Planes are massive powerhouses of technological wonder, adding something new
into such a machine would take considerable amounts of time and even then once
you've got it installed, who is going to maintain it? You've got to pay for
access to a satellite for the data to be tracked, where is the data stored? Is
the data encrypted? How do you make sure only the eyes intended to see the
data see it and nobody else? What kind of redundancy is there if the satellite
security system fails? Does the plane need bigger batteries to power such a
device, where does the power come from?

There are rules and processes to follow in the aviation industry and they're
very strict. And that's just the hardware, then you've got to write the
software, make sure it doesn't interfere with anything else on the plane, then
you've got to make it work for different planes, planes wired differently,
different hardware/software, controls. You're testing two different halves
that make a whole.

One does not simply just install a new piece of technology into a plane.
There's no DIY kit you can buy from Tandy.
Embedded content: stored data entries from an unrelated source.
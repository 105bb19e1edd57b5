-- ===== src/Logger/Levels.antt =====
-- Logger.hpp: the level of a message can be read back from its line.
use study_code.Prelude.{
  ℕ, ◌≡◌, refl, ap, ◌∙◌, true, false, Option, none, some, List, [], ◌∷◌, ◌++◌, append_assoc, ◌==◌,
  if◌then◌else◌,
}
use study_code.Prelude.Int.{pos, ◌+ℤ◌}
use study_code.Text.{Text, utf8, text_eq, getlines}
use study_code.Text.Split.{lacks, take-lacks, lacks-append, getlines-append}
use study_code.Text.Decimal.{to_string, to_string-lacks}
use study_code.Logger.Lines.{joined, line_of}
use study_code.Logger.{
  LogLevel, info, waring, error, fatal, debug, log_level_to_message, Clock, formatted,
  get_current_time, Statement, log_message,
}

-- The level with the given name.
abbrev level_named : Text → Option LogLevel
level_named s =
    if text_eq s (utf8 "Info")
    then some info
    else if text_eq s (utf8 "Waring")
    then some waring
    else if text_eq s (utf8 "Error")
    then some error
    else if text_eq s (utf8 "Fatal")
    then some fatal
    else if text_eq s (utf8 "Debug")
    then some debug
    else none

-- What stands in the second brackets of a line.
abbrev second_field : List Text → Option LogLevel
second_field (t ∷ ((c ∷ s) ∷ rest)) = level_named s
second_field (t ∷ ([] ∷ rest)) = none
second_field (t ∷ []) = none
second_field [] = none

abbrev pub level_of : Text → Option LogLevel
level_of line = second_field (getlines b']' line)

between-lacks :
    (s : Text) (c : ℕ) (rest : Text)
    → lacks b']' s ≡ true
    → (c == b']') ≡ false
    → lacks b']' rest ≡ true
    → lacks b']' (s ++ (c ∷ rest)) ≡ true
between-lacks s c rest h e g = lacks-append b']' s (c ∷ rest) h (rw e g)

formatted-lacks : (c : Clock) → lacks b']' (formatted c) ≡ true
unfolding formatted
formatted-lacks c =
    between-lacks (to_string (c.tm_year +ℤ pos 1900)) b'-' _
      (to_string-lacks b']' (c.tm_year +ℤ pos 1900) refl refl) refl
      (between-lacks (to_string (c.tm_mon +ℤ pos 1)) b'-' _
        (to_string-lacks b']' (c.tm_mon +ℤ pos 1) refl refl) refl
        (between-lacks (to_string c.tm_mday) b' ' _ (to_string-lacks b']' c.tm_mday refl refl) refl
          (between-lacks (to_string c.tm_hour) b':' _ (to_string-lacks b']' c.tm_hour refl refl)
            refl
            (between-lacks (to_string c.tm_min) b':' _ (to_string-lacks b']' c.tm_min refl refl)
              refl
              (between-lacks (to_string c.tm_sec) b'.' _ (to_string-lacks b']' c.tm_sec refl refl)
                refl (to_string-lacks b']' c.tv_usec refl refl))))))

named : (l : LogLevel) → level_named (log_level_to_message l) ≡ some l
unfolding log_level_to_message utf8 text_eq
named info = refl
named waring = refl
named error = refl
named fatal = refl
named debug = refl

level-lacks : (l : LogLevel) → lacks b']' (log_level_to_message l) ≡ true
unfolding log_level_to_message utf8
level-lacks info = refl
level-lacks waring = refl
level-lacks error = refl
level-lacks fatal = refl
level-lacks debug = refl

log_message-append : (s : Statement) (r : Text) → log_message s [] ++ r ≡ log_message s r
unfolding log_message
log_message-append s r = simp append_assoc

level_of-log_message : (s : Statement) (rest : Text) → level_of (log_message s rest) ≡ some s.level
unfolding log_message get_current_time
level_of-log_message s rest =
    rw
      (getlines-append b']' (b'[' ∷ get_current_time s.clock) _
        (take-lacks 127 b']' (formatted s.clock) (formatted-lacks s.clock)))
      (rw (getlines-append b']' (b'[' ∷ log_level_to_message s.level) _ (level-lacks s.level))
        (named s.level))

-- Whatever the time, the process, the file and the operands are, the level of a statement is read
-- back from the second brackets of its line.
pub level_of-line_of : (s : Statement) → level_of (line_of s) ≡ some s.level
level_of-line_of s =
    ap level_of (
      append_assoc (log_message s []) (joined s.infos) (b'\n' ∷ [])
      ∙ log_message-append s (joined s.infos ++ (b'\n' ∷ [])))
    ∙ level_of-log_message s (joined s.infos ++ (b'\n' ∷ []))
Then there is a cost vs risk calculation thrown into the equation here. How
often does a plane just vanish like this? It doesn't happen very often and
probably not enough to warrant spending hundreds of millions of dollars
implementing a terrorist proof tracking/data collection system. Cars are
stolen everyday, it's a common thing, for planes it is not.

If things were that easy, they would have already done so, trust me. Nobody
wants to see their planes return more than the airline who paid for the plane,
paid for the maintenance, paid for the staff & fuel and need it to help recoup
the costs and make the business money.

Are we also not forgetting planes have quite good data capturing and
positioning systems already? The transponder was disabled which was the easy
one (a flick of a switch) but the ACARS maintenance tracker was also disabled
and as already highlighted, without advanced knowledge of the planes
internals, isn't something you can just disable with the flick of a switch.
Other advanced fall-back tracking methods were disabled, this isn't something
your standard pilot would know about.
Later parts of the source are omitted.